October 10, 2012 Leave a comment

As a contribution to Occupy Wall Street’s efforts against debt, I am continuing my reading of William White’s “Ultra Easy Monetary Policy and the Law of Unintended Consequences” (PDF). I have covered sections A and B. In this last section I am looking at to section C of White’s paper and his conclusion.

Back to the Future

It is interesting how White sets all of his predictions about the consequences of the present monetary policies in the future tense as if he is speaking of events that have not, as yet, occurred. For instance, White argues,

“Researchers at the Bank for International Settlements have suggested that a much broader spectrum of credit driven “imbalances”, financial as well as real, could potentially lead to boom/bust processes that might threaten both price stability and financial stability. This BIS way of thinking about economic and financial crises, treating them as systemic breakdowns that could be triggered anywhere in an overstretched system, also has much in common with insights provided by interdisciplinary work on complex adaptive systems.

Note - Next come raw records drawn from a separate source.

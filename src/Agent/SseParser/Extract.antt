-- ===== src/Agent/SseParser/Extract.antt =====
-- _extract_lines: the lines of a buffer and then those of its rest with more text are the lines of
-- all of it.
use blender_ai_sidebar.Prelude.{
  ℕ, suc, ◌+◌, ◌≡◌, ◌≤◌, refl, sym, ap, ◌∙◌, arith, Bool, true, false, ◌&&◌, List, [], ◌∷◌, ◌++◌,
  map, append-nil, append_assoc, ◌==◌, nat_comparable, Bool-cases, inl, inr, length, if◌then◌else◌,
  length-append,
}
use blender_ai_sidebar.Agent.SseParser.{
  Text, cr, lf, replace_crlf, without_cr, normalize, add_char, split_lines, cut_cr, extract_lines,
}
use blender_ai_sidebar.Agent.SseParser.Lines.{
  ends_cr, starts_lf, has_breaks, Cut, Cut-cases, cut_cr-append, cut_cr-cons, cut_cr-none,
  normalize-append, normalize-plain, split-append, split_lines-has_breaks, map-has_cr,
  has_breaks-ends_cr,
}

-- The text that follows the last line of `x`.
abbrev rest : Text → Text
rest x = (split_lines (normalize x)).1

rest-has_breaks : (x : Text) → has_breaks (rest x) ≡ false
unfolding normalize
rest-has_breaks x = split_lines-has_breaks (normalize x) (map-has_cr (replace_crlf false x))

abbrev extracted : Text → Text → List Text × Text
extracted body pending =
    ((split_lines (normalize body)).0, (split_lines (normalize body)).1 ++ pending)

extract-cut :
    (buffer body pending : Text)
    → cut_cr buffer ≡ (body, pending)
    → extract_lines buffer ≡ extracted body pending
unfolding extract_lines
extract-cut buffer body pending h = rw (extract_lines, h) refl

-- The lines of `buffer` and then those of what it leaves with `text` behind it.
abbrev pub resumed : List Text × Text → Text → List Text × Text
resumed p text = (p.0 ++ (extract_lines (p.1 ++ text)).0, (extract_lines (p.1 ++ text)).1)

split-normalized :
    (x y : Text)
    → (ends_cr false x && starts_lf y) ≡ false
    → split_lines (normalize (x ++ y)) ≡ (
      (split_lines (normalize x)).0 ++ (split_lines (normalize (rest x ++ y))).0,
      (split_lines (normalize (rest x ++ y))).1,
    )
split-normalized x y h =
    let plain = rest-has_breaks x in
    let bare : normalize (rest x ++ y) ≡ rest x ++ normalize y =
      normalize-append (rest x) y (rw (has_breaks-ends_cr (rest x) plain) refl)
      ∙ ap (λ z. z ++ normalize y) (normalize-plain (rest x) plain) in
    rw (normalize-append x y h, bare) (split-append (normalize x) (normalize y))

extract-step :
    (x z : Text)
    → cut_cr (x ++ z) ≡ (x ++ (cut_cr z).0, (cut_cr z).1)
    → (ends_cr false x && starts_lf (cut_cr z).0) ≡ false
    → extract_lines (x ++ z) ≡ (
      (split_lines (normalize x)).0 ++ (extract_lines (rest x ++ z)).0,
      (extract_lines (rest x ++ z)).1,
    )
extract-step x z cut apart =
    let later : extract_lines (rest x ++ z) ≡ extracted (rest x ++ (cut_cr z).0) (cut_cr z).1 =
      extract-cut (rest x ++ z) (rest x ++ (cut_cr z).0) (cut_cr z).1
        (cut_cr-append (rest x) z (has_breaks-ends_cr (rest x) (rest-has_breaks x))) in
    extract-cut (x ++ z) (x ++ (cut_cr z).0) (cut_cr z).1 cut
    ∙ rw (later) (ap (λ p. (p.0, p.1 ++ (cut_cr z).1)) (split-normalized x (cut_cr z).0 apart))

cut_cr-starts : (text : Text) → starts_lf (cut_cr (cr ∷ text)).0 ≡ false
unfolding cut_cr
cut_cr-starts [] = refl
cut_cr-starts (d ∷ ds) = refl

and_false : (a b : Bool) → b ≡ false → (a && b) ≡ false
and_false false b h = refl
and_false true b h = h

cut_cr-pending : (x : Text) → cut_cr (x ++ cr ∷ []) ≡ (x, cr ∷ [])
unfolding cut_cr
cut_cr-pending x = cut_cr-cons x cr [] ∙ ap (λ z. (z, cr ∷ [])) (append-nil x)

-- The lines of a buffer with more text are those of the buffer and those of what it leaves with the
-- text behind it, and the new buffer is the same.
pub extract_lines-append :
    (buffer text : Text) → extract_lines (buffer ++ text) ≡ resumed (extract_lines buffer) text
extract_lines-append buffer text = elim (Cut-cases buffer) [
  | Cut.whole h ↦
      extract-step buffer text (cut_cr-append buffer text h) (rw h refl)
      ∙ sym (
          ap (λ p. resumed p text) (extract-cut buffer buffer [] (cut_cr-none buffer h))
          ∙ rw (append-nil (rest buffer)) refl)
  | Cut.pending x e ↦ rw e (
      ap extract_lines (append_assoc x (cr ∷ []) text)
      ∙ extract-step x (cr ∷ text) (cut_cr-cons x cr text)
          (and_false (ends_cr false x) _ (cut_cr-starts text))
      ∙ sym (
          ap (λ p. resumed p text) (extract-cut (x ++ cr ∷ []) x (cr ∷ []) (cut_cr-pending x))
          ∙ rw (append_assoc (rest x) (cr ∷ []) text) refl))
]

length-replace_crlf :
    (flag : Bool) (text : Text)
    → length (replace_crlf flag text) ≤ (if flag then 1 else 0) + length text
unfolding replace_crlf
length-replace_crlf false [] = omega arith
length-replace_crlf true [] = omega arith
length-replace_crlf false (c ∷ cs) = elim (Bool-cases (c == cr)) [
  | inl is_cr ↦ rw (replace_crlf, is_cr) (let shorter = length-replace_crlf true cs in omega arith)
  | inr other ↦ rw (replace_crlf, other) (let shorter = length-replace_crlf false cs in omega arith)
]
length-replace_crlf true (c ∷ cs) =
    let shorter = length-replace_crlf false cs in
    let ended = length-replace_crlf true cs in
    elim (Bool-cases (c == lf)) [
      | inl is_lf ↦ rw (replace_crlf, is_lf) (omega arith)
      | inr more ↦ elim (Bool-cases (c == cr)) [
        | inl is_cr ↦ rw (replace_crlf, more, is_cr) (omega arith)
        | inr other ↦ rw (replace_crlf, more, other) (omega arith)
      ]
    ]

length-without_cr : (text : Text) → length (map without_cr text) ≡ length text
length-without_cr [] = refl
length-without_cr (c ∷ cs) = ap suc (length-without_cr cs)

length-add_char : (c : ℕ) (p : List Text × Text) → length (add_char c p).1 ≤ suc (length p.1)
length-add_char c ([], after) = omega arith
length-add_char c (line ∷ lines, after) = omega arith

length-split_lines : (text : Text) → length (split_lines text).1 ≤ length text
unfolding split_lines
length-split_lines [] = omega arith
length-split_lines (c ∷ cs) =
    let shorter = length-split_lines cs in
    elim (Bool-cases (c == lf)) [
      | inl is_lf ↦ rw (split_lines, is_lf) (omega arith)
      | inr other ↦
          let longer = length-add_char c (split_lines cs) in rw (split_lines, other) (omega arith)
    ]

length-rest : (x : Text) → length (rest x) ≤ length x
unfolding normalize
length-rest x =
    let a = length-split_lines (map without_cr (replace_crlf false x)) in
    let b = length-without_cr (replace_crlf false x) in
    let d = length-replace_crlf false x in omega arith

-- The buffer does not grow by the extraction.
pub length-extract_lines : (buffer : Text) → length (extract_lines buffer).1 ≤ length buffer
length-extract_lines buffer = elim (Cut-cases buffer) [
  | Cut.whole h ↦
      rw (extract-cut buffer buffer [] (cut_cr-none buffer h), append-nil (rest buffer))
        (length-rest buffer)
  | Cut.pending x e ↦
      let shorter = length-rest x in
      rw
        (
          e,
          extract-cut (x ++ cr ∷ []) x (cr ∷ []) (cut_cr-pending x),
          length-append x (cr ∷ []),
          length-append (rest x) (cr ∷ []),
        )
        (omega arith)
]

This work indicates that such systems, built up as a result of cumulative processes, can have highly unpredictable dynamics and can demonstrate significant non linearities.”

It is as though White never got the memo about the catastrophic financial meltdown that happened in 2008. If his focus is on the “medium run” consequences of easy money that has been practiced since the 1980s, isn’t this crisis the “medium run” result of those policies? Why does White insist on redirecting our attention to an event in the future, when this crisis clearly is the event produced by his analysis.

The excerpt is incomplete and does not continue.